Jadi, gini. Awalnya, aku cuma iseng-iseng aja nulis semacam quotes dan puisi gitu di memo hape. Iya, iseng. Bisa tentang apa aja, kapan aja dan lagi di mana aja. Pokoknya, hal-hal yang saat itu menyita pikiranku dan bikin jariku gatel buat nulis; ya, aku tulis. Apalagi kalau misalnya sesuatu itu berkenaan dengan apa yang sedang aku rasakan. Kadang, aku juga suka nulis untuk memotivasi diri sendiri di saat aku butuh dorongan.

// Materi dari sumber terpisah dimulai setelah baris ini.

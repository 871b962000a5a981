-- ===== src/Checker/Verify/Files.antt =====
-- When a check passes, and which files it reports.
use torrent_builder.Common.{
  ℕ, ◌+◌, ◌*◌, ◌<◌, ◌≡◌, ◌↔◌, ◌⊎◌, inl, inr, refl, sym, ◌∙◌, subst, arith, Bytes, List, [], ◌∷◌,
  ◌++◌, Bool, true, false, and_both, Bool-cases, is_empty, has_value, Option-cases, All, none, some,
  Result, ok, err, codes, any, bytes_eq,
}
use torrent_builder.Text.{to_lower}
use torrent_builder.Checker.{Disk, StoredFile}
use torrent_builder.Checker.Verify.{
  CorruptedPiece, ExtraFile, DirEntry, CheckResult, TorrentInfo, Hashers, piece_ok,
  verify_all_pieces, file_result, check_missing_files, extra_loop, find_extra_files, check,
}
use torrent_builder.Checker.Verify.Pieces.{IsReported, verify_all_pieces-IsReported}

-- The file is padding, or the disk has it.
abbrev pub IsPresent : Disk → StoredFile → Type 0
IsPresent disk f = (f.pad ≡ true) ⊎ (has_value (disk f.path) ≡ true)

clash : {b : Bool} → b ≡ true → b ≡ false → ⊥
clash h e = cc

file_result-exists :
    (disk : Disk) (f : StoredFile) → (file_result disk f).exists ≡ has_value (disk f.path)
unfolding file_result
file_result-exists disk f = elim (Option-cases (disk f.path)) [
  | inl e ↦ rw (e, file_result) refl
  | inr (c, e) ↦ rw (e, file_result) refl
]

missing_empty :
    (disk : Disk) (fs : List StoredFile)
    → is_empty (check_missing_files disk fs).0 ≡ true
    → All (IsPresent disk) fs
unfolding check_missing_files
missing_empty disk [] h = tt
missing_empty disk (f ∷ fs) h = elim (Bool-cases f.pad) [
  | inl pad ↦ (inl pad, missing_empty disk fs (rw (pad, check_missing_files) at h))
  | inr no_pad ↦ elim (Bool-cases (file_result disk f).exists) [
    | inl here ↦ (
      inr (sym (file_result-exists disk f) ∙ here),
      missing_empty disk fs (rw (no_pad, here, check_missing_files) at h),
    )
    | inr gone ↦ absurd (cc (rw (no_pad, gone, check_missing_files) at h))
  ]
]

no_missing :
    (disk : Disk) (fs : List StoredFile)
    → All (IsPresent disk) fs
    → is_empty (check_missing_files disk fs).0 ≡ true
unfolding check_missing_files
no_missing disk [] h = refl
no_missing disk (f ∷ fs) (here, rest) = elim (Bool-cases f.pad) [
  | inl pad ↦ rw (pad, check_missing_files) (no_missing disk fs rest)
  | inr no_pad ↦
      let e : (file_result disk f).exists ≡ true =
        file_result-exists disk f ∙ present here no_pad in
      rw (no_pad, e, check_missing_files) (no_missing disk fs rest)
]
  where
    present : IsPresent disk f → f.pad ≡ false → has_value (disk f.path) ≡ true
    present (inl pad) no_pad = absurd (clash pad no_pad)
    present (inr h) no_pad = h

not_reported :
    (cps : List CorruptedPiece) → is_empty cps ≡ true → (i offset : ℕ) → IsReported i offset cps → ⊥
not_reported [] h i offset r = r
not_reported (cp ∷ cps) h i offset r = cc h

all_verified :
    (cps : List CorruptedPiece)
    → ((i offset : ℕ) → IsReported i offset cps → ⊥)
    → is_empty cps ≡ true
all_verified [] h = refl
all_verified (cp ∷ cps) h = absurd (h cp.index cp.offset (inl (refl, refl)))

module _ (hashers : Hashers) (info : TorrentInfo) (disk : Disk) where
  -- Every piece of the torrent has the hashes that the torrent gives.
  abbrev pub AllVerified : Type 0
  AllVerified = (i : ℕ) → i < info.num_pieces → piece_ok hashers info disk i ≡ true

  corrupted_empty : is_empty (verify_all_pieces hashers info disk) ≡ true → AllVerified
  corrupted_empty h i lt = elim (Bool-cases (piece_ok hashers info disk i)) [
    | inl good ↦ good
    | inr bad ↦ absurd (
        not_reported _ h i _ (
          ((verify_all_pieces-IsReported hashers info disk).0 i (i * info.piece_length)).1
            (lt, refl, bad)))
  ]

  no_corrupted : AllVerified → is_empty (verify_all_pieces hashers info disk) ≡ true
  no_corrupted good = all_verified _ (λ i offset r.
      let (lt, _, bad) = ((verify_all_pieces-IsReported hashers info disk).0 i offset).0 r in
      clash (good i lt) bad)

  -- For a content path that exists and whose walk throws no exception, the check passes exactly if every
  -- file that is no padding is on the disk and every piece is verified, and its verified and corrupted
  -- pieces add up to all pieces. An exception of the walk is that of the check. Without the path it fails.
  pub check_lem :
      (exists : Bool) (content_path : Bytes) (walk : Result Bytes (List DirEntry))
      → ((exists ≡ true)
          × (entries : List DirEntry) × (walk ≡ ok entries)
          × (result : CheckResult) × (check hashers info exists content_path disk walk ≡ ok result)
          × ((result.passed ≡ true) ↔ (All (IsPresent disk) info.files × AllVerified))
          × (result.pieces_verified + result.pieces_corrupted ≡ result.pieces_total))
        ⊎ ((exists ≡ true)
            × (e : Bytes) × (walk ≡ err e)
            × (check hashers info exists content_path disk walk ≡ err e))
        ⊎ ((exists ≡ false)
            × (check hashers info exists content_path disk walk
                ≡ err (codes "Content path does not exist: " ++ content_path)))
  unfolding check find_extra_files
  check_lem false content_path walk = inr (inr (refl, refl))
  check_lem true content_path (err e) = inr (inl (refl, e, refl, refl))
  check_lem true content_path (ok entries) = inl (
    refl,
    entries,
    refl,
    _,
    refl,
    (
      λ h. let (a, b) = and_both _ _ h in (missing_empty disk info.files a, corrupted_empty b),
      λ (present, good). rw (no_missing disk info.files present, no_corrupted good) refl,
    ),
    omega (arith, (verify_all_pieces-IsReported hashers info disk).1),
  )

-- The walk has a regular file with this path and size that is no link, and no path of the torrent is
-- the same without regard to case.
abbrev pub IsExtra : List Bytes → DirEntry → Type 0
IsExtra paths entry =
    (entry.is_symlink ≡ false)
    × (entry.is_regular_file ≡ true)
    × (any (bytes_eq (to_lower entry.path)) paths ≡ false)

-- The reports of the extra entries of a walk, in the order of the walk, up to the first one whose size
-- cannot be read.
abbrev pub AreExtras : List Bytes → List DirEntry → List ExtraFile → Type 0
AreExtras paths [] extras = extras ≡ []
AreExtras paths (entry ∷ entries) extras =
    (IsExtra paths entry
      × (((entry.size ≡ none) × (extras ≡ record { path = entry.path; size = 0 } ∷ []))
          ⊎ ((size : ℕ) × (entry.size ≡ some size)
              × (rest : List ExtraFile) × (extras
                  ≡ record { path = entry.path; size = size } ∷ rest)
              × AreExtras paths entries rest)))
    ⊎ ((IsExtra paths entry → ⊥) × AreExtras paths entries extras)

extra-skipped :
    (paths : List Bytes) (entry : DirEntry) (entries : List DirEntry)
    → extra_loop paths (entry ∷ entries) ≡ extra_loop paths entries
    → (IsExtra paths entry → ⊥)
    → AreExtras paths entries (extra_loop paths entries)
    → AreExtras paths (entry ∷ entries) (extra_loop paths (entry ∷ entries))
extra-skipped paths entry entries e no_extra rest =
    inr (no_extra, subst (AreExtras paths entries) (sym e) rest)

-- The extra files are the regular files of the walk, links excepted, whose path is not one of the
-- torrent's without regard to case, each once, in the order of the walk, up to the first one whose
-- size cannot be read.
pub extra_loop-AreExtras :
    (paths : List Bytes) (walk : List DirEntry) → AreExtras paths walk (extra_loop paths walk)
unfolding extra_loop
extra_loop-AreExtras paths [] = refl
extra_loop-AreExtras paths (entry ∷ entries) =
    let rest = extra_loop-AreExtras paths entries in
    elim (Bool-cases entry.is_symlink) [
      | inl link ↦
          extra-skipped paths entry entries (rw (link, extra_loop) refl) (λ x. clash link x.0) rest
      | inr no_link ↦ elim (Bool-cases entry.is_regular_file) [
        | inr special ↦
            extra-skipped paths entry entries (rw (no_link, special, extra_loop) refl)
              (λ x. clash x.1 special) rest
        | inl regular ↦ elim (Bool-cases (any (bytes_eq (to_lower entry.path)) paths)) [
          | inl known ↦
              extra-skipped paths entry entries (rw (no_link, regular, known, extra_loop) refl)
                (λ x. clash known x.2) rest
          | inr extra ↦ elim (Option-cases entry.size) [
            | inl unread ↦ inl (
              (no_link, regular, extra),
              inl (unread, rw (no_link, regular, extra, unread, extra_loop) refl),
            )
            | inr (size, read) ↦ inl (
              (no_link, regular, extra),
              inr (
                size,
                read,
                extra_loop paths entries,
                rw (no_link, regular, extra, read, extra_loop) refl,
                rest,
              ),
            )
          ]
        ]
      ]
    ]
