-- ===== src/Checker/Verify/Intact.antt =====
-- Content that is on the disk as it was hashed passes the check.
use torrent_builder.Common.{
  ℕ, ◌+◌, ◌-◌, ◌*◌, ◌<◌, ◌≡◌, inl, inr, refl, sym, ap, ◌∙◌, Bytes, List, [], ◌∷◌, Bool, true, false,
  ◌&&◌, length, take, drop, has_value, All, ok, bytes_eq, bytes_eq_refl, bytes_eq_sound, ◌↔◌,
}
use Prim.Native.Nat.{min}
use torrent_builder.Checker.{Disk, StoredFile, read_piece_data}
use torrent_builder.Checker.Search.{IsLaidOut}
use torrent_builder.Checker.Read.{stream, IsComplete}
use torrent_builder.Checker.Piece.{read_piece_data-stream}
use torrent_builder.Checker.Verify.{
  DirEntry, CheckResult, TorrentInfo, Hashers, verify_piece_v1, piece_ok, check,
}
use torrent_builder.Checker.Verify.Files.{IsPresent, check_lem}

and_true : (b : Bool) → (b && true) ≡ b
and_true true = refl
and_true false = refl

complete-IsPresent :
    (disk : Disk) (fs : List StoredFile) → IsComplete disk fs → All (IsPresent disk) fs
complete-IsPresent disk [] h = tt
complete-IsPresent disk (f ∷ fs) (inl pad, rest) = (inl pad, complete-IsPresent disk fs rest)
complete-IsPresent disk (f ∷ fs) (inr (c, _, e, _), rest) =
    (inr (ap has_value e), complete-IsPresent disk fs rest)

-- The bytes of the piece in a stream of `total` bytes.
abbrev pub piece_of : Bytes → ℕ → ℕ → ℕ → Bytes
piece_of bytes len total i = take (min (i * len + len) total - i * len) (drop (i * len) bytes)

module _ (hashers : Hashers) (info : TorrentInfo) (disk : Disk) where
  -- A v1 torrent of the size of the contents of the disk: the files lie one after another and are on
  -- the disk with their sizes, and every piece starts inside.
  pub record IsStored : Type 0 where
    pub laid : IsLaidOut 0 info.files
    pub complete : IsComplete disk info.files
    pub total : length (stream disk info.files) ≡ info.total_size
    pub some_byte : 0 < info.piece_length
    pub inside : (i : ℕ) → i < info.num_pieces → i * info.piece_length < info.total_size
    pub is_v1 : info.has_v1 ≡ true
    pub only_v1 : info.has_v2 ≡ false

  -- The hash that the torrent gives for the piece is that of its bytes on the disk.
  abbrev pub IsHashed : ℕ → Type 0
  IsHashed i =
      hashers.sha1 (piece_of (stream disk info.files) info.piece_length info.total_size i)
      ≡ info.hash_for_piece i

  piece_ok-bytes_eq :
      (i : ℕ)
      → IsStored
      → i < info.num_pieces
      → piece_ok hashers info disk i
        ≡ bytes_eq
            (hashers.sha1 (piece_of (stream disk info.files) info.piece_length info.total_size i))
            (info.hash_for_piece i)
  unfolding piece_ok verify_piece_v1
  piece_ok-bytes_eq i h lt =
      let e : read_piece_data i info.piece_length info.total_size disk info.files
          ≡ piece_of (stream disk info.files) info.piece_length info.total_size i =
        read_piece_data-stream i info.piece_length info.total_size disk info.files h.laid h.complete
          h.total h.some_byte (h.inside i lt) in
      rw (h.is_v1, h.only_v1, e) (and_true _)

  -- For a torrent with v1 hashes only, whose files lie one after another, are on the disk with their
  -- sizes and add up to its total size, with pieces of a positive length that start below this size, the
  -- check of an existing path whose walk throws no exception passes exactly if the hash that the torrent gives for each piece is the
  -- hash of the bytes of the piece on the disk.
  pub check-IsHashed :
      (content_path : Bytes) (walk : List DirEntry)
      → IsStored
      → (result : CheckResult) × (check hashers info true content_path disk (ok walk) ≡ ok result)
        × ((result.passed ≡ true) ↔ ((i : ℕ) → i < info.num_pieces → IsHashed i))
  check-IsHashed content_path walk h =
      elim (check_lem hashers info disk true content_path (ok walk)) [
        | inl (_, _, _, result, e, passes, _) ↦ (
          result,
          e,
          (
            λ passed i lt.
                bytes_eq_sound _ _ (sym (piece_ok-bytes_eq i h lt) ∙ (passes.0 passed).1 i lt),
            λ hashed. passes.1 (
              complete-IsPresent disk info.files h.complete,
              λ i lt.
                  piece_ok-bytes_eq i h lt
                  ∙ (rw (hashed i lt) (bytes_eq_refl (info.hash_for_piece i))),
            ),
          ),
        )
        | inr (inl (_, _, e, _)) ↦ absurd (cc e)
        | inr (inr (e, _)) ↦ absurd (cc e)
      ]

Entahlah, aku juga nggak ngerti itu terjadi sejak kapan; yang jelas, sejak SD—sekitar kelas 5 kalau nggak salah—aku udah mulai suka nulis diary gitu ceritanya hahaha. Duh, jadi malu. Tapi, mungkin dari situ aku jadi keterusan nulis dan ngerasa nyaman. Malah kayak jadi kebutuhan gitu sampai sekarang.

Menulis masih jadi salah satu cara favoritku untuk meringankan beban. Gimana ya, buat aku pribadi, menulis itu bisa bikin perasaan jadi lega, sih. Malah lebih lega ketimbang cerita ke orang lain, karena menurutku, nggak semua orang bisa menjadi pendengar yang baik dan nggak ada satu pun dari mereka yang bisa sepenuhnya mengerti aku selain Tuhan dan diriku sendiri.

Okay, back to the topic!

Setelah sekian lama aku cuma nyimpan tulisan-tulisanku di memo hape, entah ada angin apa, tiba-tiba aja aku pengin membaginya ke orang lain. Aku pengin ada yang menikmatinya juga selain diriku sendiri. Bukannya pengin eksis atau gimana ya, cuma ... aku kayak merasa terlalu sayang aja gitu kalau tulisanku—yang meskipun terbilang sangat biasa itu—dibiarkan terus terkungkung di dalam sana.

Sampai akhirnya, pas WhatsApp ngeluarin fitur 'story' kayak Instagram gitu, aku mulai tertarik untuk mem-posting tulisanku di sana. Awalnya iseng-iseng juga. Tapi ternyata, respons yang aku terima cukup menggembirakan. Teman-temanku banyak yang suka, bahkan ada yang me-repost-nya di medsos mereka.

Oh, ya. Sebelum WhatsApp ngeluarin fitur 'story' pun, aku sebenarnya pernah iseng-iseng juga posting tulisan di Twitter dan Instagram pribadiku. Cuma ya, responsnya tetap nggak seramai di WhatsApp, sih. Tbh, aku bahkan pernah sampai ditagih lewat chat sama beberapa temanku kalau dalam sehari nggak update tulisan di WhatsApp's story wkwk.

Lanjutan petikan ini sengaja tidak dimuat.